DATA RECORDS:
■ ■ ■ ■ ■
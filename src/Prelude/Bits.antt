-- ===== src/Prelude/Bits.antt =====
-- `&` and `|` of C at variables: masks as an algebra for simp, and as arithmetic for omega.
use Prim.Native.Nat.{
  ℕ, zero, suc, ◌+◌, ◌-◌, ◌*◌, ◌/◌, ◌%◌, ◌^◌, ◌≤◌, ◌<◌, min, max, bit_and, bit_or, digits,
  bit_and-bitwise, bit_or-bitwise,
}
use mathlib.Core.Path.{◌≡◌, refl, ap, sym, ◌∙◌}
use native.Mathlib.Nat.{pow-suc, one-le-pow, div-div-eq-div-mul}
use native.Mathlib.Omega.{arith}

-- Fuel beyond the first operand changes no digit.
spare_fuel :
    (z : ℕ → ℕ) (f : ℕ → ℕ → ℕ) (n m a b : ℕ) → a ≤ m → m ≤ n → digits z f n a b ≡ digits z f m a b
spare_fuel z f zero zero a b p q = refl
spare_fuel z f (suc n) zero zero b p q = refl
spare_fuel z f (suc n) zero (suc a) b p q = absurd (omega arith)
spare_fuel z f zero (suc m) a b p q = absurd (omega arith)
spare_fuel z f (suc n) (suc m) zero b p q = refl
spare_fuel z f (suc n) (suc m) (suc a) b p q =
    ap (λ t. t * 2 + f (suc a % 2) (b % 2))
      (spare_fuel z f n m (suc a / 2) (b / 2) (omega arith) (omega arith))

-- The lowest digit of each operation, and the rest.
pub and_digit : (a b : ℕ) → bit_and a b ≡ bit_and (a / 2) (b / 2) * 2 + min (a % 2) (b % 2)
and_digit zero b = simp bit_and-bitwise (omega arith)
and_digit (suc a) b = omega (
  arith,
  bit_and-bitwise (suc a) b,
  bit_and-bitwise (suc a / 2) (b / 2),
  spare_fuel (λ t. 0) min a (suc a / 2) (suc a / 2) (b / 2) (omega arith) (omega arith),
)

pub or_digit : (a b : ℕ) → bit_or a b ≡ bit_or (a / 2) (b / 2) * 2 + max (a % 2) (b % 2)
or_digit zero b = simp bit_or-bitwise (omega arith)
or_digit (suc a) b = omega (
  arith,
  bit_or-bitwise (suc a) b,
  bit_or-bitwise (suc a / 2) (b / 2),
  spare_fuel (λ t. t) max a (suc a / 2) (suc a / 2) (b / 2) (omega arith) (omega arith),
)

and_half : (a b : ℕ) → bit_and a b / 2 ≡ bit_and (a / 2) (b / 2)
and_half a b = omega (arith, and_digit a b)

or_half : (a b : ℕ) → bit_or a b / 2 ≡ bit_or (a / 2) (b / 2)
or_half a b = omega (arith, or_digit a b)

and_low : (a b : ℕ) → bit_and a b % 2 ≡ min (a % 2) (b % 2)
and_low a b = omega (arith, and_digit a b)

or_low : (a b : ℕ) → bit_or a b % 2 ≡ max (a % 2) (b % 2)
or_low a b = omega (arith, or_digit a b)

pub zero-bit_and : (a : ℕ) → bit_and 0 a ≡ 0
zero-bit_and a = bit_and-bitwise 0 a

pub zero-bit_or : (a : ℕ) → bit_or 0 a ≡ a
zero-bit_or a = bit_or-bitwise 0 a

-- Two numbers with the same half and the same lowest digit are equal.
join : (x y : ℕ) → x / 2 ≡ y / 2 → x % 2 ≡ y % 2 → x ≡ y
join x y h l = omega arith

bit_and-zero_below : (n a : ℕ) → a ≤ n → bit_and a 0 ≡ 0
bit_and-zero_below n zero h = refl
bit_and-zero_below zero (suc a) h = absurd (omega arith)
bit_and-zero_below (suc n) (suc a) h =
    omega (arith, and_digit (suc a) 0, bit_and-zero_below n (suc a / 2) (omega arith))

pub bit_and-zero : (a : ℕ) → bit_and a 0 ≡ 0
bit_and-zero a = bit_and-zero_below a a (omega arith)

bit_or-zero_below : (n a : ℕ) → a ≤ n → bit_or a 0 ≡ a
bit_or-zero_below n zero h = refl
bit_or-zero_below zero (suc a) h = absurd (omega arith)
bit_or-zero_below (suc n) (suc a) h =
    omega (arith, or_digit (suc a) 0, bit_or-zero_below n (suc a / 2) (omega arith))

pub bit_or-zero : (a : ℕ) → bit_or a 0 ≡ a
bit_or-zero a = bit_or-zero_below a a (omega arith)

-- `(a | b) & c`.
or-and_below : (n a b c : ℕ) → c ≤ n → bit_and (bit_or a b) c ≡ bit_or (bit_and a c) (bit_and b c)
or-and_below n a b zero h = rw (bit_and-zero (bit_or a b), bit_and-zero a, bit_and-zero b)
or-and_below zero a b (suc c) h = absurd (omega arith)
or-and_below (suc n) a b (suc c) h = ground (
  arith,
  and_digit (bit_or a b) (suc c),
  or_digit (bit_and a (suc c)) (bit_and b (suc c)),
  or_half a b,
  or_low a b,
  and_half a (suc c),
  and_half b (suc c),
  and_low a (suc c),
  and_low b (suc c),
  or-and_below n (a / 2) (b / 2) (suc c / 2) (omega arith),
)

pub or-and : (a b c : ℕ) → bit_and (bit_or a b) c ≡ bit_or (bit_and a c) (bit_and b c)
or-and a b c = or-and_below c a b c (omega arith)

-- `(a & b) & c`, with the masks joined.
and-and_below : (n a b c : ℕ) → c ≤ n → bit_and (bit_and a b) c ≡ bit_and a (bit_and b c)
and-and_below n a b zero h = rw (bit_and-zero (bit_and a b), bit_and-zero b, bit_and-zero a)
and-and_below zero a b (suc c) h = absurd (omega arith)
and-and_below (suc n) a b (suc c) h = ground (
  arith,
  and_digit (bit_and a b) (suc c),
  and_digit a (bit_and b (suc c)),
  and_half a b,
  and_low a b,
  and_half b (suc c),
  and_low b (suc c),
  and-and_below n (a / 2) (b / 2) (suc c / 2) (omega arith),
)

pub and-and : (a b c : ℕ) → bit_and (bit_and a b) c ≡ bit_and a (bit_and b c)
and-and a b c = and-and_below c a b c (omega arith)

or-or_below : (n a b c : ℕ) → a ≤ n → bit_or (bit_or a b) c ≡ bit_or a (bit_or b c)
or-or_below n zero b c h = rw (zero-bit_or b, zero-bit_or (bit_or b c))
or-or_below zero (suc a) b c h = absurd (omega arith)
or-or_below (suc n) (suc a) b c h = ground (
  arith,
  or_digit (bit_or (suc a) b) c,
  or_digit (suc a) (bit_or b c),
  or_half (suc a) b,
  or_low (suc a) b,
  or_half b c,
  or_low b c,
  or-or_below n (suc a / 2) (b / 2) (c / 2) (omega arith),
)

pub or-or : (a b c : ℕ) → bit_or (bit_or a b) c ≡ bit_or a (bit_or b c)
or-or a b c = or-or_below a a b c (omega arith)

-- A mask bounds what it lets through.
bit_and-le_below : (n a m : ℕ) → m ≤ n → bit_and a m ≤ m
bit_and-le_below n a zero h = omega (arith, bit_and-zero a)
bit_and-le_below zero a (suc m) h = absurd (omega arith)
bit_and-le_below (suc n) a (suc m) h =
    omega (arith, and_digit a (suc m), bit_and-le_below n (a / 2) (suc m / 2) (omega arith))

pub bit_and-le : (a m : ℕ) → bit_and a m ≤ m
bit_and-le a m = bit_and-le_below m a m (omega arith)

double_mul : (q k : ℕ) → q * 2 ^ suc k ≡ 2 * (q * 2 ^ k)
double_mul q k = omega (arith, ap (λ (t : ℕ). q * t) (pow-suc 2 k))

-- A mask of `k` ones is a remainder.
and_ones_split : (k q r : ℕ) → r < 2 ^ k → bit_and (q * 2 ^ k + r) (2 ^ k - 1) ≡ r
and_ones_split zero q r h = omega (arith, bit_and-zero (q * 1 + r))
and_ones_split (suc k) q r h = ground (
  arith,
  and_digit (q * 2 ^ suc k + r) (2 ^ suc k - 1),
  double_mul q k,
  pow-suc 2 k,
  one-le-pow k 2,
  and_ones_split k q (r / 2),
)

pub bit_and-ones : (k a : ℕ) → bit_and a (2 ^ k - 1) ≡ a % 2 ^ k
bit_and-ones k a = ground (arith, one-le-pow k 2, and_ones_split k (a / 2 ^ k) (a % 2 ^ k))

-- A mask of one bit.
and_bit_split :
    (k q b r : ℕ) → b < 2 → r < 2 ^ k → bit_and ((q * 2 + b) * 2 ^ k + r) (2 ^ k) ≡ b * 2 ^ k
and_bit_split zero q b r hb h =
    omega (arith, and_digit ((q * 2 + b) * 1 + r) 1, bit_and-zero (((q * 2 + b) * 1 + r) / 2))
and_bit_split (suc k) q b r hb h = ground (
  arith,
  and_digit ((q * 2 + b) * 2 ^ suc k + r) (2 ^ suc k),
  double_mul (q * 2 + b) k,
  double_mul b k,
  pow-suc 2 k,
  one-le-pow k 2,
  and_bit_split k q b (r / 2),
)

split_at_bit : (k a : ℕ) → a ≡ (a / 2 ^ k / 2 * 2 + a / 2 ^ k % 2) * 2 ^ k + a % 2 ^ k
split_at_bit k a =
    let q : ℕ = a / 2 ^ k in
    let whole : q / 2 * 2 + q % 2 ≡ q = omega arith in rw whole (omega arith)

pub bit_and-bit : (k a : ℕ) → bit_and a (2 ^ k) ≡ a / 2 ^ k % 2 * 2 ^ k
bit_and-bit k a =
    ap (λ t. bit_and t (2 ^ k)) (split_at_bit k a)
    ∙ and_bit_split k (a / 2 ^ k / 2) (a / 2 ^ k % 2) (a % 2 ^ k) (omega arith)
        (omega (arith, one-le-pow k 2))

-- Fields that do not overlap add up.
pub bit_or-fields : (k q r : ℕ) → r < 2 ^ k → bit_or (q * 2 ^ k) r ≡ q * 2 ^ k + r
bit_or-fields zero q r h = ground (arith, bit_or-zero (q * 1))
bit_or-fields (suc k) q r h =
    ground
      (arith, or_digit (q * 2 ^ suc k) r, double_mul q k, pow-suc 2 k, bit_or-fields k q (r / 2))

pub bit_or-lt : (k a b : ℕ) → a < 2 ^ k → b < 2 ^ k → bit_or a b < 2 ^ k
bit_or-lt zero zero b p q = rw (zero-bit_or b) q
bit_or-lt zero (suc a) b p q = absurd (omega arith)
bit_or-lt (suc k) a b p q = omega (
  arith,
  or_digit a b,
  pow-suc 2 k,
  bit_or-lt k (a / 2) (b / 2) (omega (arith, pow-suc 2 k)) (omega (arith, pow-suc 2 k)),
)

halve : (k a : ℕ) → a / 2 ^ suc k ≡ a / 2 / 2 ^ k
halve k a =
    let twice : 2 ^ suc k ≡ 2 * 2 ^ k = omega (arith, pow-suc 2 k) in
    ap (λ t. a / t) twice ∙ sym (div-div-eq-div-mul a 2 (2 ^ k))

-- A mask above the low `j` bits.
pub bit_and-shifted : (j a m : ℕ) → bit_and a (m * 2 ^ j) ≡ bit_and (a / 2 ^ j) m * 2 ^ j
bit_and-shifted zero a m =
    let same : m * 2 ^ 0 ≡ m = omega arith in
    let all : a / 2 ^ 0 ≡ a = omega arith in rw (same, all) (omega arith)
bit_and-shifted (suc j) a m = rw (halve j a) (
    ground (
      arith,
      and_digit a (m * 2 ^ suc j),
      double_mul m j,
      double_mul (bit_and (a / 2 / 2 ^ j) m) j,
      bit_and-shifted j (a / 2) m,
    ))

-- A line of an `or` is up if it is up in one of the two.
pub bit_or-line : (k a b : ℕ) → bit_or a b / 2 ^ k % 2 ≡ max (a / 2 ^ k % 2) (b / 2 ^ k % 2)
bit_or-line zero a b = omega (arith, or_digit a b)
bit_or-line (suc k) a b =
    rw (halve k (bit_or a b), halve k a, halve k b, or_half a b) (bit_or-line k (a / 2) (b / 2))
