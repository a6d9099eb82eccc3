-- ===== src/Prelude/Masks.antt =====
-- Fields put together in either order, and C's tests of masks as a set of rules.
use Prim.Native.Nat.{ℕ, zero, suc, ◌+◌, ◌*◌, ◌/◌, ◌^◌, ◌≤◌, ◌<◌, bit_and, bit_or}
use mathlib.Core.Path.{◌≡◌, sym, ◌∙◌}
use native.Mathlib.Omega.{arith}
use ll.Prelude.Bits.{
  or_digit, zero-bit_or, bit_or-zero, zero-bit_and, bit_and-zero, bit_or-fields, or-and, and-and,
}

bit_or_comm_below : (n a b : ℕ) → a ≤ n → bit_or a b ≡ bit_or b a
bit_or_comm_below n zero b h = zero-bit_or b ∙ sym (bit_or-zero b)
bit_or_comm_below zero (suc a) b h = absurd (omega arith)
bit_or_comm_below (suc n) (suc a) b h = omega (
  arith,
  or_digit (suc a) b,
  or_digit b (suc a),
  bit_or_comm_below n (suc a / 2) (b / 2) (omega arith),
)

pub bit_or_comm : (a b : ℕ) → bit_or a b ≡ bit_or b a
bit_or_comm a b = bit_or_comm_below a a b (omega arith)

-- A field put above the others.
pub bit_or-above : (k r q : ℕ) → r < 2 ^ k → bit_or r (q * 2 ^ k) ≡ q * 2 ^ k + r
bit_or-above k r q h = bit_or_comm r (q * 2 ^ k) ∙ bit_or-fields k q r h

-- C reads a test of a mask through these: masks are joined, and constants computed.
pub ruleset masks = (or-and, and-and, bit_and-zero, bit_or-zero, zero-bit_and, zero-bit_or)

insert_bit : (r d : ℕ) → bit_and (bit_or (bit_and r 0xffbf) (bit_and d 0x40)) 0x80 ≡ bit_and r 0x80
insert_bit r d = simp masks
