-- ===== src/Prelude/Seq.antt =====
-- Search in a sequence, and removal of an element by moving the last one into its place.
use mathlib.Core.List.Perm
use mathlib.Core.Path.{subst}
pub use mathlib.Core.List.{Perm}
use ll.Prelude.{
  ℕ, zero, suc, ◌-◌, ◌<◌, ◌≡◌, refl, inl, inr, Bool, true, false, Option, none, some, List, [], ◌∷◌,
  arith, if◌then◌else◌, length, get_elem?, set, length, length-set, Bool-cases, Option-cases,
}

module _ {ℓ} {A : Type ℓ} where
  -- The first index at which the test holds.
  unfoldable pub find_index : (A → Bool) → List A → Option ℕ
  find_index p [] = none
  find_index p (x ∷ xs) =
      if p x then some 0 else elim (find_index p xs) [ none ↦ none | some i ↦ some (suc i) ]

  unfoldable pub last_or : List A → A → A
  last_or [] d = d
  last_or (x ∷ xs) d = last_or xs x

  unfoldable pub drop_last : List A → List A
  drop_last [] = []
  drop_last (x ∷ []) = []
  drop_last (x ∷ y ∷ ys) = x ∷ drop_last (y ∷ ys)

  -- `queue[i] = queue[count - 1]; count--`, where `x` is `queue[i]`.
  unfoldable pub swap_out : List A → ℕ → A → List A
  unfolding last_or drop_last
  swap_out xs i x = drop_last (set xs i (last_or xs x))

  -- What a search finds: the first element that passes, with its index.
  pub record Found (p : A → Bool) (xs : List A) (i : ℕ) : Type ℓ where
    pub item : A
    pub at : get_elem? xs i ≡ some item
    pub passes : p item ≡ true
    pub first : (j : ℕ) (y : A) → j < i → get_elem? xs j ≡ some y → p y ≡ false

  Found-here : (p : A → Bool) (x : A) (xs : List A) → p x ≡ true → Found p (x ∷ xs) 0
  Found-here p x xs hit = record {
    item = x;
    at = refl;
    passes = hit;
    first = λ j y lt _. absurd (omega arith);
  }

  earlier :
      (p : A → Bool) (x : A) (xs : List A) (i : ℕ)
      → p x ≡ false
      → ((j : ℕ) (y : A) → j < i → get_elem? xs j ≡ some y → p y ≡ false)
      → (j : ℕ) (y : A) → j < suc i
      → get_elem? (x ∷ xs) j ≡ some y
      → p y ≡ false
  earlier p x xs i miss first zero y lt at = ground arith
  earlier p x xs i miss first (suc j) y lt at = first j y (omega arith) at

  Found-there :
      (p : A → Bool) (x : A) (xs : List A) (i : ℕ)
      → p x ≡ false
      → Found p xs i
      → Found p (x ∷ xs) (suc i)
  Found-there p x xs i miss f = record {
    item = f.item;
    at = f.at;
    passes = f.passes;
    first = earlier p x xs i miss f.first;
  }

  pub find_index-Found :
      (p : A → Bool) (xs : List A) (i : ℕ) → find_index p xs ≡ some i → Found p xs i
  unfolding find_index
  find_index-Found p [] i e = absurd (cc)
  find_index-Found p (x ∷ xs) i e = elim (Bool-cases (p x)) [
    | inl hit ↦
        let zero-eq : 0 ≡ i = ground arith in
        subst (Found p (x ∷ xs)) zero-eq (Found-here p x xs hit)
    | inr miss ↦ elim (Option-cases (find_index p xs)) [
      | inl out ↦ absurd (ground arith)
      | inr (k, in_rest) ↦
          let suc-eq : suc k ≡ i = ground arith in
          subst (Found p (x ∷ xs)) suc-eq
            (Found-there p x xs k miss (find_index-Found p xs k in_rest))
    ]
  ]

  pub find_index-none :
      (p : A → Bool) (xs : List A) (j : ℕ) (y : A)
      → find_index p xs ≡ none
      → get_elem? xs j ≡ some y
      → p y ≡ false
  unfolding find_index
  find_index-none p [] j y e h = cc
  find_index-none p (x ∷ xs) zero y e h = ground arith
  find_index-none p (x ∷ xs) (suc j) y e h = ground (arith, find_index-none p xs j y)

  last-drop_last : (x : A) (xs : List A) → Perm (last_or xs x ∷ drop_last (x ∷ xs)) (x ∷ xs)
  unfolding last_or drop_last
  last-drop_last x [] = Perm.refl _
  last-drop_last x (y ∷ ys) =
      Perm.trans (Perm.swap x (last_or ys y) (drop_last (y ∷ ys)))
        (Perm.cons x (last-drop_last y ys))

  pub swap_out-perm :
      (xs : List A) (i : ℕ) (x d : A) → get_elem? xs i ≡ some x → Perm (x ∷ swap_out xs i d) xs
  unfolding swap_out drop_last last_or
  swap_out-perm [] i x d h = cc
  swap_out-perm (y ∷ []) zero x d h = Perm.cons' (ground arith) Perm.nil
  swap_out-perm (y ∷ []) (suc i) x d h = cc
  swap_out-perm (y ∷ z ∷ zs) zero x d h = Perm.cons' (ground arith) (last-drop_last z zs)
  swap_out-perm (y ∷ z ∷ zs) (suc zero) x d h =
      Perm.trans (Perm.swap y x _) (Perm.cons y (swap_out-perm (z ∷ zs) zero x y h))
  swap_out-perm (y ∷ z ∷ zs) (suc (suc i)) x d h =
      Perm.trans (Perm.swap y x _) (Perm.cons y (swap_out-perm (z ∷ zs) (suc i) x y h))

  length-drop_last : (xs : List A) → length (drop_last xs) ≡ length xs - 1
  unfolding drop_last
  length-drop_last [] = omega arith
  length-drop_last (x ∷ []) = omega arith
  length-drop_last (x ∷ y ∷ ys) = omega (arith, length-drop_last (y ∷ ys))

  pub length-swap_out : (xs : List A) (i : ℕ) (d : A) → length (swap_out xs i d) ≡ length xs - 1
  unfolding swap_out
  length-swap_out xs i d =
      omega (arith, length-drop_last (set xs i (last_or xs d)), length-set xs i (last_or xs d))

  -- An index that finds something lies within the sequence.
  pub lt_length_of_get_elem? :
      (xs : List A) (i : ℕ) (x : A) → get_elem? xs i ≡ some x → i < length xs
  lt_length_of_get_elem? [] i x h = cc
  lt_length_of_get_elem? (y ∷ ys) zero x h = omega arith
  lt_length_of_get_elem? (y ∷ ys) (suc i) x h = omega (arith, lt_length_of_get_elem? ys i x h)
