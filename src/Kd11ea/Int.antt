-- ===== src/Kd11ea/Int.antt =====
-- Interrupt requests on BR7-BR4 (pdp11/kd11ea/int.c and int.h, with the wiring of the PROM E29
-- from pdp11/kd11ea/rom_wiring.h). The list holds queue[0] to queue[count - 1]; the array's
-- entries past `count` are never read.
pub mod Arbiter
pub mod Grant
pub mod Queue
pub mod Pending
pub mod Order
use ll.Prelude.{
  ℕ, ◌+◌, ◌*◌, ◌/◌, ◌%◌, ◌^◌, bit_or, Bool, true, false, ◌&&◌, Option, none, some, List, [], ◌∷◌,
  ◌++◌, leb, ◌==◌, if◌then◌else◌, length, get_or, get_elem?, truthy, bit,
}
use ll.Prelude.Seq.{find_index, swap_out}
use ll.Kd11ea.Roms.{e29_rom}

pub record IntRequest : Type 0 where
  pub vector : ℕ
  pub priority : ℕ

pub record IntController : Type 0 where
  pub queue : List IntRequest

abbrev pub int_max_pending : ℕ
int_max_pending = 8

unfoldable pub int_init : IntController
int_init = record { queue = [] }

abbrev pub has_vector : ℕ → IntRequest → Bool
has_vector vector r = r.vector == vector

abbrev pub has_priority : ℕ → IntRequest → Bool
has_priority level r = r.priority == level

-- `false` stands for the return value -1.
unfoldable pub int_request : IntController → ℕ → ℕ → Bool × IntController
int_request ic vector priority = elim (find_index (has_vector vector) ic.queue) [
  | some i ↦ (true, ic)
  | none ↦ if leb int_max_pending (length ic.queue) then (false, ic) else (
    true,
    record { queue = ic.queue ++ record { vector = vector; priority = priority } ∷ [] },
  )
]

abbrev no_request : IntRequest
no_request = record { vector = 0; priority = 0 }

unfoldable pub int_cancel : IntController → ℕ → IntController
int_cancel ic vector = elim (find_index (has_vector vector) ic.queue) [
  | some i ↦ record { queue = swap_out ic.queue i no_request }
  | none ↦ ic
]

-- `br |= 1u << priority`, over the queue from `br` on.
unfoldable pub br_from : ℕ → List IntRequest → ℕ
br_from br [] = br
br_from br (r ∷ rs) =
    br_from (if leb 4 r.priority && leb r.priority 7 then bit_or br (2 ^ r.priority) else br) rs

unfoldable pub int_br_lines : IntController → ℕ
int_br_lines ic = br_from 0 ic.queue

-- The address wiring of E29. Bits 7, 6 and 5 of the address are not in the order of the BRs.
pub e29_addr : ℕ → ℕ → ℕ → ℕ → ℕ → ℕ → ℕ
e29_addr priority halt br7 br6 br5 br4 = bit_or (bit 2 priority) (
    bit_or (bit 1 priority * 2 ^ 1) (
      bit_or (halt % 2 * 2 ^ 2) (
        bit_or (br6 % 2 * 2 ^ 3) (
          bit_or (br4 % 2 * 2 ^ 4)
            (bit_or (br7 % 2 * 2 ^ 5) (bit_or (br5 % 2 * 2 ^ 6) (priority % 2 * 2 ^ 7)))))))

-- BG7, BG6, BG5 and BG4 of E29's data, as the level granted, 0 for none.
pub grant_of : ℕ → ℕ
grant_of d =
    if truthy (bit 1 d)
    then 7
    else if truthy (bit 0 d)
    then 6
    else if truthy (bit 3 d)
    then 5
    else if truthy (bit 2 d)
    then 4
    else 0

-- What the arbiter grants to the BR lines, given the processor's priority.
unfoldable pub arbitrate : ℕ → ℕ → ℕ
unfolding e29_addr grant_of e29_rom
arbitrate cpu_priority br =
    grant_of
      (get_or e29_rom (e29_addr cpu_priority 0 (bit 7 br) (bit 6 br) (bit 5 br) (bit 4 br)) 0)

-- `none` stands for the return value -1.
unfoldable pub int_pending : IntController → ℕ → Option ℕ
int_pending ic cpu_priority =
    let grant = arbitrate cpu_priority (br_from 0 ic.queue) in
    if truthy grant then find_index (has_priority grant) ic.queue else none

-- With nothing pending the source reads queue[-1]: `none` stands for that.
unfoldable pub int_ack : IntController → ℕ → Option (IntRequest × IntController)
int_ack ic cpu_priority = elim (int_pending ic cpu_priority) [
  | none ↦ none
  | some idx ↦ elim (get_elem? ic.queue idx) [
    | none ↦ none
    | some req ↦ some (req, record { queue = swap_out ic.queue idx no_request })
  ]
]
■ ■ ■ ■ ■
PROBLEM: Using the records above, set down exactly the lines from the one with "-- Two numbers" through the one with "and-and_below : (n", inclusive, and nothing more.

ANSWER SPACE:
-- Two numbers with the same half and the same lowest digit are equal.
join : (x y : ℕ) → x / 2 ≡ y / 2 → x % 2 ≡ y % 2 → x ≡ y
join x y h l = omega arith

bit_and-zero_below : (n a : ℕ) → a ≤ n → bit_and a 0 ≡ 0
bit_and-zero_below n zero h = refl
bit_and-zero_below zero (suc a) h = absurd (omega arith)
bit_and-zero_below (suc n) (suc a) h =
    omega (arith, and_digit (suc a) 0, bit_and-zero_below n (suc a / 2) (omega arith))

pub bit_and-zero : (a : ℕ) → bit_and a 0 ≡ 0
bit_and-zero a = bit_and-zero_below a a (omega arith)

bit_or-zero_below : (n a : ℕ) → a ≤ n → bit_or a 0 ≡ a
bit_or-zero_below n zero h = refl
bit_or-zero_below zero (suc a) h = absurd (omega arith)
bit_or-zero_below (suc n) (suc a) h =
    omega (arith, or_digit (suc a) 0, bit_or-zero_below n (suc a / 2) (omega arith))

pub bit_or-zero : (a : ℕ) → bit_or a 0 ≡ a
bit_or-zero a = bit_or-zero_below a a (omega arith)

-- `(a | b) & c`.
or-and_below : (n a b c : ℕ) → c ≤ n → bit_and (bit_or a b) c ≡ bit_or (bit_and a c) (bit_and b c)
or-and_below n a b zero h = rw (bit_and-zero (bit_or a b), bit_and-zero a, bit_and-zero b)
or-and_below zero a b (suc c) h = absurd (omega arith)
or-and_below (suc n) a b (suc c) h = ground (
  arith,
  and_digit (bit_or a b) (suc c),
  or_digit (bit_and a (suc c)) (bit_and b (suc c)),
  or_half a b,
  or_low a b,
  and_half a (suc c),
  and_half b (suc c),
  and_low a (suc c),
  and_low b (suc c),
  or-and_below n (a / 2) (b / 2) (suc c / 2) (omega arith),
)

pub or-and : (a b c : ℕ) → bit_and (bit_or a b) c ≡ bit_or (bit_and a c) (bit_and b c)
or-and a b c = or-and_below c a b c (omega arith)

-- `(a & b) & c`, with the masks joined.
and-and_below : (n a b c : ℕ) → c ≤ n → bit_and (bit_and a b) c ≡ bit_and a (bit_and b c)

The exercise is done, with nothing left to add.